Here is problem 16 from section 1.1 in the book "Calculus A Rigorous First Course", by Daniel J. Velleman:
\begin{align} \text{Solve} \; 2|x|-3 \ge |x-1| \; \text{by using theorem 1.1.2.} \end{align} Where theorem 1.1.2 states:
For any numbers $x$ and $y$, the following statements are true:
$|x|<y$ iff $-y<x<y$
$|x|\le y$ iff $-y\le x \le y$
$|x| \ge y$ iff either $x\le -y$ or $x\ge y$
$|x| > y$ iff either $x<-y$ or $x > y$
Edit: Here is what I've tried so far:
By the second statement, we get:
\begin{align} -2|x|+4\le x\le2|x|-2 \end{align}
We can split into two inequalities, and arrive at the following;
\begin{align} -\frac{x-4}{2}\ge|x| \; \; \text{and} \; \; \frac{x+2}{2}\le|x| \end{align}
Applying the second statement to the left inequality and the third statement to the other inequality gives us
\begin{align} \frac{x-4}{2}\le x \le \frac{4-x}{2} \; \; \text{and} \; \; x \le -\frac{x+2}{2} \; \text{or} \; x \ge \frac{x+2}{2} \end{align}
By this, our solution set is defined as: $\{ x : \text{either}\; -4 \le x \le \frac{4}{3} \; \text{or} \; x\ge 2 \} $. But, this is not the result I arrived at when reasoning by cases.

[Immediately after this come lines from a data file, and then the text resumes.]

-- ===== src/Tests/Samples.antt =====
-- The concrete inputs of the tests.
use Prim.Native.String
use Prim.Native.String.{len}
use ai_it_dab_com.Prelude.{
  ℕ, zero, suc, ◌%◌, String, true, false, Option, none, some, List, [], ◌∷◌, ◌==◌, if◌then◌else◌,
  arith, All, ◌<◌,
}
use ai_it_dab_com.Conversation.{
  Conversation, MessageRow, NewMessage, ConvDb, role_user, role_assistant,
}
use ai_it_dab_com.ApiKey.{ApiKey, KeyDb}
use ai_it_dab_com.ApiKey.Credential.{Random}
use ai_it_dab_com.GatewayCore.{Message}
use ai_it_dab_com.Gateway.Chat
use ai_it_dab_com.Gateway.Chat.{ChatRequestBody, Decoded, decoded}
use ai_it_dab_com.Gateway.Respond.{World}
use ai_it_dab_com.Gateway.Stream.{Body}
use ai_it_dab_com.Gateway.Serve.{Call}
use ai_it_dab_com.Vllm.{got}
use ai_it_dab_com.Migrate.{Migration, MigrateDb}

abbrev pub uuid : ℕ → String
uuid zero = "u"
uuid (suc n) = String.◌++◌ "u" (uuid n)

abbrev pub parse_uuid : String → Option String
parse_uuid s = if s == "nonsense" then none else some s

-- A digest of one byte, the text's length.
abbrev pub sha256 : String → List ℕ
sha256 s = (len s % 256) ∷ []

pub sha256_bytes : (s : String) → All (λ b. b < 256) (sha256 s)
sha256_bytes s = (omega arith, tt)

abbrev pub base64url : List ℕ → String
base64url bs = "xyz"

abbrev pub random : Random
random = record { first = λ n. some (n ∷ []); second = λ n. some (n ∷ []) }

abbrev pub row : ApiKey
row = record {
  id = "k1";
  key_id = "dab_pk_a";
  secret_hash = "03";
  name = "site";
  persona = some "Be brief.";
  created_by = none;
  created_at = 1;
  revoked_at = none;
  last_used_at = none;
}

abbrev pub keys : KeyDb
keys = record { keys = row ∷ []; faults = []; serial = 1; now = 10 }

abbrev pub conv : Conversation
conv = record { id = "c1"; api_key_id = "k1"; model = "llama"; created_at = 1; updated_at = 6 }

abbrev pub question : Message
question = record { role = role_user; content = "and now?" }

abbrev pub answer : Message
answer = record { role = role_assistant; content = "later" }

abbrev pub new_question : NewMessage
new_question = record { role = role_user; content = "and now?"; token_count = none }

abbrev pub stored : MessageRow
stored = record {
  id = "m1";
  conversation_id = "c1";
  role = role_user;
  content = "hi";
  token_count = none;
  created_at = 5;
}

abbrev pub db : ConvDb
db = record {
  conversations =
      record { id = "c1"; api_key_id = "k1"; model = some "llama"; created_at = 1; updated_at = 6 }
      ∷ [];
  messages = stored ∷ [];
  faults = [];
  serial = 7;
  now = 10;
}

-- The same database with the COMMIT of a batch of one message failing: BEGIN, INSERT and UPDATE pass.
abbrev pub broken_db : ConvDb
broken_db = record db { faults = false ∷ false ∷ false ∷ true ∷ [] }

abbrev pub caller : Chat.Credential
caller = record {
  id = "k1";
  key_id = "dab_pk_a";
  name = "site";
  persona = some "Be brief.";
  owner_id = none;
}

abbrev pub request : ChatRequestBody
request = record {
  session_id = "c1";
  model = "";
  message = "and now?";
  messages = [];
  stream = false;
  temperature = none;
  top_p = none;
  max_tokens = none;
  stop = [];
}

abbrev pub world : World ConvDb
world = record { repo = db; sent = []; asked = []; audit = []; logged = [] }

abbrev pub body : Body
body = record { text = "data: later\n\ndata: [DONE]\n"; gone_at_end = false; gone_after = false }

-- A chunk's payload as the content itself.
abbrev pub unmarshal_chunk : String → Option (List String)
unmarshal_chunk payload = some (payload ∷ [])

abbrev pub exchange : Call
exchange = record {
  credential = some caller;
  body = decoded request;
  can_flush = true;
  auditor = record { enabled = true; latency_ms = 12 };
  complete = λ req. got (record {
    id = "r1";
    model = "llama";
    choices =
        record {
          index = 0;
          message = record { role = role_assistant; content = "later" };
          finish_reason = "stop";
        }
        ∷ [];
    usage = none;
  });
  stream = λ req. got body;
}

abbrev pub migration : Migration
migration = record { version = "20260606000001"; name = "users"; up = "up"; down = "down" }

-- A schema that counts the migrations it has.
abbrev pub exec : String → ℕ → Option ℕ
exec sql n = if sql == "up" then some (suc n) else some zero

abbrev pub fresh : MigrateDb ℕ
fresh = record { schema = 0; rows = []; faults = [] }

Case #1: Consider whenever $x<0$, then $-2x-3 \ge 1-x$, therefore true if $x\le-4$.
Case #2: Consider whenever $0\le x<1$, then $2x-3\ge x-1$, therefore $x\ge \frac{4}{3}$, but since this exceeds our initial condition, the interval $[0,1)$ is not included in our solution set.
Case #3: Consider whenever $x \ge 0$, then $2x-3 \ge x-1$, therefore true if $x \ge 2$.
By this, our solution set is defined as: $\{ x : \text{either}\; x \le -4 \; \text{or} \; x\ge 2 \} $.